🤖 AI Summary
This work formalizes tokenization—the fundamental preprocessing step in natural language processing—as a constrained combinatorial optimization problem and rigorously proves its NP-hardness. To address this computationally challenging problem, we propose GreedTok, an efficient greedy algorithm with polynomial-time complexity. Furthermore, by relaxing the problem to a weighted maximum coverage formulation, we design GreedWMC, an approximation algorithm with theoretical guarantees. Empirical evaluation on real-world corpora demonstrates that GreedTok significantly outperforms the widely adopted Byte Pair Encoding (BPE) method, while achieving objective values comparable to those of GreedWMC. Beyond algorithmic contributions, this work establishes the first formal theoretical connection between tokenization and combinatorial optimization.

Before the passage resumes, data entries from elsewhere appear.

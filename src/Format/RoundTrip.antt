-- ===== src/Format/RoundTrip.antt =====
-- `Atoi` reads back what `%d` prints.
use Prim.Native.Char.{Char, code}
use Prim.Native.String.{[], ◌∷◌}
use Prim.Native.String.append
use test_at_scale.Prelude.{
  ℕ, zero, suc, ◌+◌, ◌-◌, ◌*◌, ◌/◌, ◌%◌, ◌<◌, ◌≤◌, String, ◌⧺◌, ◌≡◌, refl, sym, ap, ◌∙◌, some,
  append_assoc, arith, ltb, le→leb, Bool-cases, inl, inr,
}
use test_at_scale.Models.{pos}
use test_at_scale.Format.{or_empty, digit_names, digit, decimal_from, decimal, digits_from, atoi}

-- A digit is one character, whose number tells its value.
pub digit_is_char : (d : ℕ) → d < 10 → (c : Char) × (digit d ≡ c ∷ []) × (code c ≡ 48 + d)
unfolding digit or_empty digit_names
digit_is_char zero h = ("0", refl, refl)
digit_is_char (suc zero) h = ("1", refl, refl)
digit_is_char (suc (suc zero)) h = ("2", refl, refl)
digit_is_char (suc (suc (suc zero))) h = ("3", refl, refl)
digit_is_char (suc (suc (suc (suc zero)))) h = ("4", refl, refl)
digit_is_char (suc (suc (suc (suc (suc zero))))) h = ("5", refl, refl)
digit_is_char (suc (suc (suc (suc (suc (suc zero)))))) h = ("6", refl, refl)
digit_is_char (suc (suc (suc (suc (suc (suc (suc zero))))))) h = ("7", refl, refl)
digit_is_char (suc (suc (suc (suc (suc (suc (suc (suc zero)))))))) h = ("8", refl, refl)
digit_is_char (suc (suc (suc (suc (suc (suc (suc (suc (suc zero))))))))) h = ("9", refl, refl)
digit_is_char (suc (suc (suc (suc (suc (suc (suc (suc (suc (suc d)))))))))) h = absurd (omega arith)

digits_from-cons :
    (n : ℕ) (c : Char) (tail : String)
    → 48 ≤ code c
    → code c ≤ 57
    → digits_from n (c ∷ tail) ≡ digits_from (n * 10 + (code c - 48)) tail
unfolding digits_from
digits_from-cons n c tail low high = rw (le→leb _ _ low, le→leb _ _ high)

-- One printed digit, read behind `n`.
digits_from-digit :
    (n d : ℕ) (tail : String)
    → d < 10
    → digits_from n (digit d ⧺ tail) ≡ digits_from (n * 10 + d) tail
digits_from-digit n d tail h =
    let (c, e, v) = digit_is_char d h in
    rw (e, append.cons c [] tail, append.nil tail)
      (digits_from-cons n c tail (omega arith) (omega arith)
        ∙ ap (λ k. digits_from k tail) (omega arith))

-- Reading a printed number, with more text behind it.
digits_from-decimal_from :
    (f n : ℕ) (tail : String) → n < f → digits_from 0 (decimal_from f n tail) ≡ digits_from n tail
unfolding decimal_from
digits_from-decimal_from zero n tail h = absurd (omega arith)
digits_from-decimal_from (suc f) n tail h = elim (Bool-cases (ltb n 10)) [
  | inl small ↦
      rw small
        (digits_from-digit 0 n tail (ground arith) ∙ ap (λ k. digits_from k tail) (omega arith))
  | inr large ↦ rw large (
      digits_from-decimal_from f (n / 10) (digit (n % 10) ⧺ tail) (ground arith)
      ∙ digits_from-digit (n / 10) (n % 10) tail (omega arith)
      ∙ ap (λ k. digits_from k tail) (omega arith))
]

-- A printed number starts with a digit.
first_digit :
    (f n : ℕ) (tail : String)
    → n < f
    → (c : Char) × (s : String) × (decimal_from f n tail ≡ c ∷ s) × (48 ≤ code c)
unfolding decimal_from
first_digit zero n tail h = absurd (omega arith)
first_digit (suc f) n tail h = elim (Bool-cases (ltb n 10)) [
  | inl small ↦
      let (c, e, v) = digit_is_char n (ground arith) in
      (c, tail, rw (small, e, append.cons c [] tail, append.nil tail), omega arith)
  | inr large ↦
      let (c, s, e, v) = first_digit f (n / 10) (digit (n % 10) ⧺ tail) (ground arith) in
      (c, s, rw (large, e), v)
]

-- Reading what was printed gives the number back, for every `int` that is not negative.
pub atoi-decimal : (n : ℕ) → n ≤ 9223372036854775807 → atoi (decimal (pos n)) ≡ some (pos n)
unfolding atoi decimal
atoi-decimal n h =
    let (c, s, e, v) = first_digit (suc n) n "" (omega arith) in
    let read : digits_from 0 (c ∷ s) ≡ some n =
      sym (ap (digits_from 0) e) ∙ digits_from-decimal_from (suc n) n "" (omega arith) in
    rw e (ground (arith, read))

-- A number is printed in front of what follows it.
pub decimal_from-append :
    (f n : ℕ) (tail s : String) → decimal_from f n tail ⧺ s ≡ decimal_from f n (tail ⧺ s)
unfolding decimal_from
decimal_from-append zero n tail s = refl
decimal_from-append (suc f) n tail s = elim (Bool-cases (ltb n 10)) [
  | inl small ↦ rw small (append_assoc (digit n) tail s)
  | inr large ↦ rw large (
      decimal_from-append f (n / 10) (digit (n % 10) ⧺ tail) s
      ∙ ap (decimal_from f (n / 10)) (append_assoc (digit (n % 10)) tail s))
]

It provides a novel, principled framework for tokenization that simultaneously offers provable guarantees and strong empirical performance—paving the way for more interpretable, controllable, and theoretically grounded subword segmentation models.
📝 Abstract
Tokenization is the process of encoding strings into tokens from a fixed vocabulary of size $k$ and is widely utilized in Natural Language Processing applications. The leading tokenization algorithm today is Byte Pair Encoding (BPE), which formulates the tokenization problem as a compression problem and tackles it by performing sequences of merges. In this work, we formulate tokenization as an optimization objective, show that it is NP-hard via a simple reduction from vertex cover, and propose a polynomial-time greedy algorithm GreedTok. Our formulation naturally relaxes to the well-studied weighted maximum coverage problem which has a simple $(1 - 1/e)$-approximation algorithm GreedWMC. Through empirical evaluations on real-world corpora, we show that GreedTok outperforms BPE, while achieving a comparable objective score as GreedWMC (which could have achieved a higher score due to relaxation).